Task description ▸
In this exercise, set down every entry that follows exactly as it appears.

Input material ▸
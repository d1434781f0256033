-- ===== src/Dashboard/Clients/Roaming.antt =====
-- Panels of the tab "Roaming" of `build_dashboard`, scripts/build_openwrt_clients_dashboard.py.
use openwrt_grafana_monitor.Prelude.{List, [], false, none, pos, some, ◌++◌, ◌∷◌}
use openwrt_grafana_monitor.Text.{codes}
use openwrt_grafana_monitor.Dashboard.Panels.Tables.{logs_panel}
use openwrt_grafana_monitor.Dashboard.Styles.{loki_filter, prom_filter}
use openwrt_grafana_monitor.Dashboard.Queries.{prom_query}
use openwrt_grafana_monitor.Dashboard.Panels.Series.{timeseries}
use openwrt_grafana_monitor.Dashboard.Panels.Values.{loki_stat, stat}
use openwrt_grafana_monitor.Dashboard.Clients.Mappings.{conntrack_state_mappings}
use openwrt_grafana_monitor.Dashboard.Clients.Base.{assoc_events_available}
use openwrt_grafana_monitor.Dashboard.Builder.{text_panel}
use openwrt_grafana_monitor.Dashboard.Assemble.{Placement, on_grid}

unfoldable pub client_roaming : List Placement
client_roaming =
    on_grid
      (some (
        text_panel (pos 400) [] (
          codes
            "## WiFi roaming\nRaw hostapd association and disconnection lines are kept in Loki for per-client investigation. Prometheus receives only the bounded aggregate counter by AP, SSID, and event; it never carries a MAC, remote IP, domain, port, IPv6 address, or vendor label.")))
      0 0 24 4
    ∷ on_grid
        (stat (pos 401) (codes "Association Event Collector") assoc_events_available (codes "none")
          (codes
            "Availability of the bounded AP/SSID/event counter. Loki raw-event panels remain useful even when this aggregate counter is unavailable.")
          [] (codes "unavailable") (some conntrack_state_mappings) false none (codes "value")
          (codes "Unavailable"))
        0 4 8 4
    ∷ on_grid
        (loki_stat (pos 402) (codes "Roam Events (1h)")
          (codes "sum(count_over_time({"
            ++ (loki_filter
                ++ codes "} |~ \"AP-STA-(CONNECTED|DISCONNECTED)\" [1h])) or vector(0)"))
          (codes
            "Hostapd association/disconnection lines in Loki. A zero is a valid no-events state on a single AP; an empty Loki result is rendered as zero, not an error.")
          (codes "neutral") none)
        8 4 8 4
    ∷ on_grid
        (some (
          timeseries (pos 403) (codes "Association Events by AP / SSID")
            ((prom_query
                (codes "sum by(ap, ssid, event) (increase(openwrt_wifi_assoc_events_total{"
                  ++ (prom_filter ++ codes "}[$__rate_interval]))"))
                (codes "{{ap}} {{ssid}} {{event}}") (codes "A") (codes "time_series") false)
              ∷ [])
            (codes "none")
            (codes
              "Bounded aggregate association events. The label budget is AP x SSID x {connected, disconnected}; no MAC label is emitted.")
            false (pos 15) (codes "linear") none none none (codes "normal") none))
        16 4 8 4
    ∷ on_grid
        (some (
          logs_panel (pos 404) (codes "Roaming Timeline")
            (codes "{" ++ (loki_filter ++ codes "} |~ \"AP-STA-(CONNECTED|DISCONNECTED)\""))
            (codes
              "Raw hostapd events, including the station MAC, live only in Loki. No events is an expected, clean empty timeline on a single-AP installation.")))
        0 8 24 14
    ∷ []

Written answer ▸
repository d1434781f0256033
-- ===== src/Dashboard/Clients/Roaming.antt =====
-- Panels of the tab "Roaming" of `build_dashboard`, scripts/build_openwrt_clients_dashboard.py.
use openwrt_grafana_monitor.Prelude.{List, [], false, none, pos, some, ◌++◌, ◌∷◌}
use openwrt_grafana_monitor.Text.{codes}
use openwrt_grafana_monitor.Dashboard.Panels.Tables.{logs_panel}
use openwrt_grafana_monitor.Dashboard.Styles.{loki_filter, prom_filter}
use openwrt_grafana_monitor.Dashboard.Queries.{prom_query}
use openwrt_grafana_monitor.Dashboard.Panels.Series.{timeseries}
use openwrt_grafana_monitor.Dashboard.Panels.Values.{loki_stat, stat}
use openwrt_grafana_monitor.Dashboard.Clients.Mappings.{conntrack_state_mappings}
use openwrt_grafana_monitor.Dashboard.Clients.Base.{assoc_events_available}
use openwrt_grafana_monitor.Dashboard.Builder.{text_panel}
use openwrt_grafana_monitor.Dashboard.Assemble.{Placement, on_grid}

unfoldable pub client_roaming : List Placement
client_roaming =
    on_grid
      (some (
        text_panel (pos 400) [] (
          codes
            "## WiFi roaming\nRaw hostapd association and disconnection lines are kept in Loki for per-client investigation. Prometheus receives only the bounded aggregate counter by AP, SSID, and event; it never carries a MAC, remote IP, domain, port, IPv6 address, or vendor label.")))
      0 0 24 4
    ∷ on_grid
        (stat (pos 401) (codes "Association Event Collector") assoc_events_available (codes "none")
          (codes
            "Availability of the bounded AP/SSID/event counter. Loki raw-event panels remain useful even when this aggregate counter is unavailable.")
          [] (codes "unavailable") (some conntrack_state_mappings) false none (codes "value")
          (codes "Unavailable"))
        0 4 8 4
    ∷ on_grid
        (loki_stat (pos 402) (codes "Roam Events (1h)")
          (codes "sum(count_over_time({"
            ++ (loki_filter
                ++ codes "} |~ \"AP-STA-(CONNECTED|DISCONNECTED)\" [1h])) or vector(0)"))
          (codes
            "Hostapd association/disconnection lines in Loki. A zero is a valid no-events state on a single AP; an empty Loki result is rendered as zero, not an error.")
          (codes "neutral") none)
        8 4 8 4
    ∷ on_grid
        (some (
          timeseries (pos 403) (codes "Association Events by AP / SSID")
            ((prom_query
                (codes "sum by(ap, ssid, event) (increase(openwrt_wifi_assoc_events_total{"
                  ++ (prom_filter ++ codes "}[$__rate_interval]))"))
                (codes "{{ap}} {{ssid}} {{event}}") (codes "A") (codes "time_series") false)
              ∷ [])
            (codes "none")
            (codes
              "Bounded aggregate association events. The label budget is AP x SSID x {connected, disconnected}; no MAC label is emitted.")
            false (pos 15) (codes "linear") none none none (codes "normal") none))
        16 4 8 4
    ∷ on_grid
        (some (
          logs_panel (pos 404) (codes "Roaming Timeline")
            (codes "{" ++ (loki_filter ++ codes "} |~ \"AP-STA-(CONNECTED|DISCONNECTED)\""))
            (codes
              "Raw hostapd events, including the station MAC, live only in Loki. No events is an expected, clean empty timeline on a single-AP installation.")))
        0 8 24 14
    ∷ []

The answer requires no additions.